Selasa (20/5) sore, tagar #DukungPrabowoHatta menduduki trending topic, tak hanya di Indonesia tapi juga dunia. Capaian ini tampaknya menjadi modal penting kubu Prabowo.

Namun, setelah dicek lebih lanjut, tagar #DukungPrabowoHatta lebih banyak didukung percakapan tidak natural dan seragam oleh akun-akun di Twitter. Bahkan tagar yang disisipkan tak ada kaitannya dengan percakapan politik, seperti: “marah atau senang? 407”, “lagi sebel sama siapa? 89”, “rumah kamu dimana? 130”.

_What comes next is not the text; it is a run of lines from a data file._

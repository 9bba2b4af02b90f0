-- ===== src/Program/Launching.antt =====
-- What `ThreadManager::Launch` leaves behind.
use yuwibo_server.Prelude.{
  List, not, ◌++◌, ==_iff, if◌then◌else◌, ok, get_elem?_inside, get_elem?_lt, ℕ, zero, suc, ◌+◌,
  ◌≤◌, ◌<◌, ◌≡◌, subst, ◌==◌, refl, ap, ◌∙◌, Bool, true, false, [], ◌∷◌, some, arith, length,
  length-append, All, All-append, Bool-cases, inl, inr,
}
use yuwibo_server.Listener.{Prepared, nothing_prepared, start_accept}
use yuwibo_server.Server.{SessionOps, Worker, get_size, get_random_worker, register_buf_ring}
use yuwibo_server.Server.Lifecycle.{get_random_worker_lem}
use yuwibo_server.Program.{
  listen_first, Answers, Entries, start_worker, worker_count, Manager, begin_turn, end_turn,
  launch_loop, launch, new_manager,
}

-- Which of the first workers have a thread: those whose ring could be made.
abbrev pub threads_of : (ℕ → Answers) → ℕ → List Bool
threads_of answers zero = []
threads_of answers (suc n) = threads_of answers n ++ (not (answers n).queue_fails ∷ [])

next_count : (n : ℕ) → suc n ≡ n + 1
next_count n = omega arith

-- The first one when no turn is left, and else the second one.
abbrev after_turns : ℕ → Prepared → Prepared → Prepared
after_turns zero before after = before
after_turns (suc left) before after = after

module _ {R : Type 0} (o : SessionOps R) (idle : R) where
  -- The launched server: every worker without a session, with a thread if its ring could be made.
  pub record IsLaunched (answers : ℕ → Answers) (count : ℕ) (m : Manager o idle) : Type 0 where
    pub running : m.server.running ≡ true
    pub counted : length m.server.workers ≡ count
    pub threads_known : m.threads ≡ threads_of answers count
    pub fresh : All (λ (w : Worker o.S R). get_size w ≡ 0) m.server.workers

  start_worker_lem :
      (a : Answers) → a.register_fails ≡ false → start_worker a ≡ some (not a.queue_fails)
  unfolding start_worker register_buf_ring
  start_worker_lem a registers = elim (Bool-cases a.queue_fails) [
    | inl fails ↦ rw fails refl
    | inr works ↦ rw (works, registers) refl
  ]

  -- What the listener prepared on the first ring.
  abbrev pub listening : Entries → ℕ → Prepared → Prepared
  listening e port prepared =
      (start_accept e.socket_entry e.option_entry e.bind_entry e.listen_entry e.accept_entry port
        prepared).1

  abbrev prepared_by : ℕ → Entries → ℕ → Prepared → Prepared
  prepared_by i e port prepared = if i == 0 then listening e port prepared else prepared

  listen_first_lem :
      (i : ℕ) (thread : Bool) (e : Entries) (port : ℕ) (m : Manager o idle)
      → (i ≡ 0 → thread ≡ true)
      → listen_first o idle i thread e port m
        ≡ ok (record m { prepared = prepared_by i e port m.prepared })
  unfolding listen_first
  listen_first_lem i thread e port m has = elim (Bool-cases (i == 0)) [
    | inl first ↦ rw (first, has ((==_iff i 0).0 first)) refl
    | inr later ↦ rw later refl
  ]

  -- A turn adds a worker without sessions.
  end_turn-IsLaunched :
      (answers : ℕ → Answers) (n : ℕ) (m : Manager o idle) (prepared : Prepared)
      → IsLaunched answers n m
      → IsLaunched answers
          (n + 1)
          (end_turn o idle (not (answers n).queue_fails) (record m { prepared = prepared }))
  unfolding end_turn
  end_turn-IsLaunched answers n m prepared l = record {
    running = l.running;
    counted = omega (arith, length-append m.server.workers (fresh_worker ∷ []), l.counted);
    threads_known =
        ap (λ ts. ts ++ (not (answers n).queue_fails ∷ [])) l.threads_known
        ∙ ap (threads_of answers) (next_count n);
    fresh =
        All-append (λ (w : Worker o.S R). get_size w ≡ 0) m.server.workers (fresh_worker ∷ [])
          l.fresh (refl, tt);
  }
    where
      fresh_worker : Worker o.S R
      fresh_worker = record { sessions = []; shared = idle }

  begin_turn_lem :
      (i : ℕ) (a : Answers) (e : Entries) (port : ℕ) (m : Manager o idle)
      → a.register_fails ≡ false
      → (i ≡ 0 → a.queue_fails ≡ false)
      → begin_turn o idle i a e port m
        ≡ ok (some (not a.queue_fails, record m { prepared = prepared_by i e port m.prepared }))
  unfolding begin_turn
  begin_turn_lem i a e port m registers has =
      rw
        (
          begin_turn,
          start_worker_lem a registers,
          listen_first_lem i (not a.queue_fails) e port m (λ first. ap not (has first)),
        )
        refl

  turn_lem :
      (left i : ℕ) (answers : ℕ → Answers) (e : Entries) (port : ℕ) (m : Manager o idle)
      → (answers i).register_fails ≡ false
      → (i ≡ 0 → (answers i).queue_fails ≡ false)
      → launch_loop o idle (suc left) i answers e port m
        ≡ launch_loop o idle left (i + 1) answers e port (
            end_turn o idle
              (not (answers i).queue_fails)
              (record m { prepared = prepared_by i e port m.prepared }))
  unfolding launch_loop
  turn_lem left i answers e port m registers has =
      rw (launch_loop, begin_turn_lem i (answers i) e port m registers has) refl

  launch_loop_lem :
      (left i : ℕ) (answers : ℕ → Answers) (e : Entries) (port : ℕ) (m : Manager o idle)
      → ((j : ℕ) → j < i + left → (answers j).register_fails ≡ false)
      → (answers 0).queue_fails ≡ false
      → IsLaunched answers i m
      → (m' : Manager o idle) × (launch_loop o idle left i answers e port m ≡ ok (some m'))
        × IsLaunched answers (i + left) m'
        × (m'.prepared ≡ after_turns left m.prepared (prepared_by i e port m.prepared))
  unfolding launch_loop end_turn
  launch_loop_lem zero i answers e port m registers first l =
      (m, refl, subst (λ k. IsLaunched answers k m) (omega arith) l, refl)
  launch_loop_lem (suc left) i answers e port m registers first l =
      let next : Manager o idle =
        end_turn o idle (not (answers i).queue_fails)
          (record m { prepared = prepared_by i e port m.prepared }) in
      let (m₂, goes, l₂, prepared) =
        launch_loop_lem left (i + 1) answers e port next (λ j h. registers j (omega arith)) first
          (end_turn-IsLaunched answers i m (prepared_by i e port m.prepared) l) in
      (
        m₂,
        turn_lem left i answers e port m (registers i (omega arith))
              (λ zeroth. ap (λ j. (answers j).queue_fails) zeroth ∙ first)
            ∙ goes,
        subst (λ k. IsLaunched answers k m₂) (omega arith) l₂,
        prepared ∙ later left,
      )
    where
      after_first : (i : ℕ) → ((i + 1) == 0) ≡ false
      after_first i = ground arith

      later :
          (left : ℕ)
          → after_turns left
              (prepared_by i e port m.prepared)
              (prepared_by (i + 1) e port (prepared_by i e port m.prepared))
            ≡ prepared_by i e port m.prepared
      later zero = refl
      later (suc left) =
          ap
            (λ b.
              if b
              then listening e port (prepared_by i e port m.prepared)
              else prepared_by i e port m.prepared)
            (after_first i)

  worker_count_pos : (n : ℕ) → 1 ≤ worker_count n
  unfolding worker_count
  worker_count_pos zero = omega arith
  worker_count_pos (suc n) = omega arith

  -- A worker is found for every two numbers below the count.
  abbrev pub Draws : ℕ → Manager o idle → Type 0
  Draws count m =
      (r₁ r₂ : ℕ)
      → r₁ < count
      → r₂ < count
      → (k : ℕ) × (get_random_worker r₁ r₂ m.server.workers ≡ ok k) × (k < count)

  launched-Draws :
      (answers : ℕ → Answers) (count : ℕ) (m : Manager o idle)
      → IsLaunched answers count m
      → Draws count m
  launched-Draws answers count m l r₁ r₂ h₁ h₂ =
      let (a, ea) = get_elem?_inside m.server.workers r₁ (omega (arith, l.counted)) in
      let (b, eb) = get_elem?_inside m.server.workers r₂ (omega (arith, l.counted)) in
      let (k, w, e, found, le_a, le_b) = get_random_worker_lem r₁ r₂ m.server.workers a b ea eb in
      (k, e, omega (arith, get_elem?_lt m.server.workers k w found, l.counted))

  -- If the first worker's ring can be made and no registration of receive buffers fails, Launch
  -- ends with the server running and as many workers, without sessions, as there are processors,
  -- but one at least, those with a thread whose ring could be made; the listener prepared its
  -- requests once, on the first ring; and GetRandomWorker finds a worker for every two numbers
  -- below that count.
  pub launch-IsLaunched :
      (hardware : ℕ) (answers : ℕ → Answers) (e : Entries) (port : ℕ)
      → ((j : ℕ) → j < worker_count hardware → (answers j).register_fails ≡ false)
      → (answers 0).queue_fails ≡ false
      → (m : Manager o idle) × (launch o idle hardware answers e port (new_manager o idle)
          ≡ ok (some m))
        × IsLaunched answers (worker_count hardware) m
        × (m.prepared ≡ listening e port nothing_prepared)
        × (1 ≤ worker_count hardware)
        × Draws (worker_count hardware) m
  unfolding launch
  launch-IsLaunched hardware answers e port registers first =
      let (m, goes, l, prepared) =
        launch_loop_lem (worker_count hardware) 0 answers e port
          (record (new_manager o idle) {
            server = record (new_manager o idle).server { running = true };
          })
          (λ j h. registers j (omega arith)) first
          (record { running = refl; counted = refl; threads_known = refl; fresh = tt }) in
      let launched : IsLaunched answers (worker_count hardware) m =
        subst (λ k. IsLaunched answers k m) (omega arith) l in
      (
        m,
        goes,
        launched,
        prepared ∙ some_turn (worker_count hardware) (worker_count_pos hardware),
        worker_count_pos hardware,
        launched-Draws answers (worker_count hardware) m launched,
      )
    where
      some_turn :
          (n : ℕ)
          → 1 ≤ n
          → after_turns n nothing_prepared (listening e port nothing_prepared)
            ≡ listening e port nothing_prepared
      some_turn zero h = absurd (omega arith)
      some_turn (suc n) h = refl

Direktur PoliticaWave, Yose Rizal, mengatakan, pertarungan bakalan makin seru. “Di koalisi Jokowi ada PKB yang kampanye media sosialnya sudah berjalan dengan baik sejak pemilu legislatif. Di koalisi Prabowo ada PKS yang memiliki ratusan ribu cyber army. Bisa dipastikan perang di media sosial semakin panas,” kata Yose.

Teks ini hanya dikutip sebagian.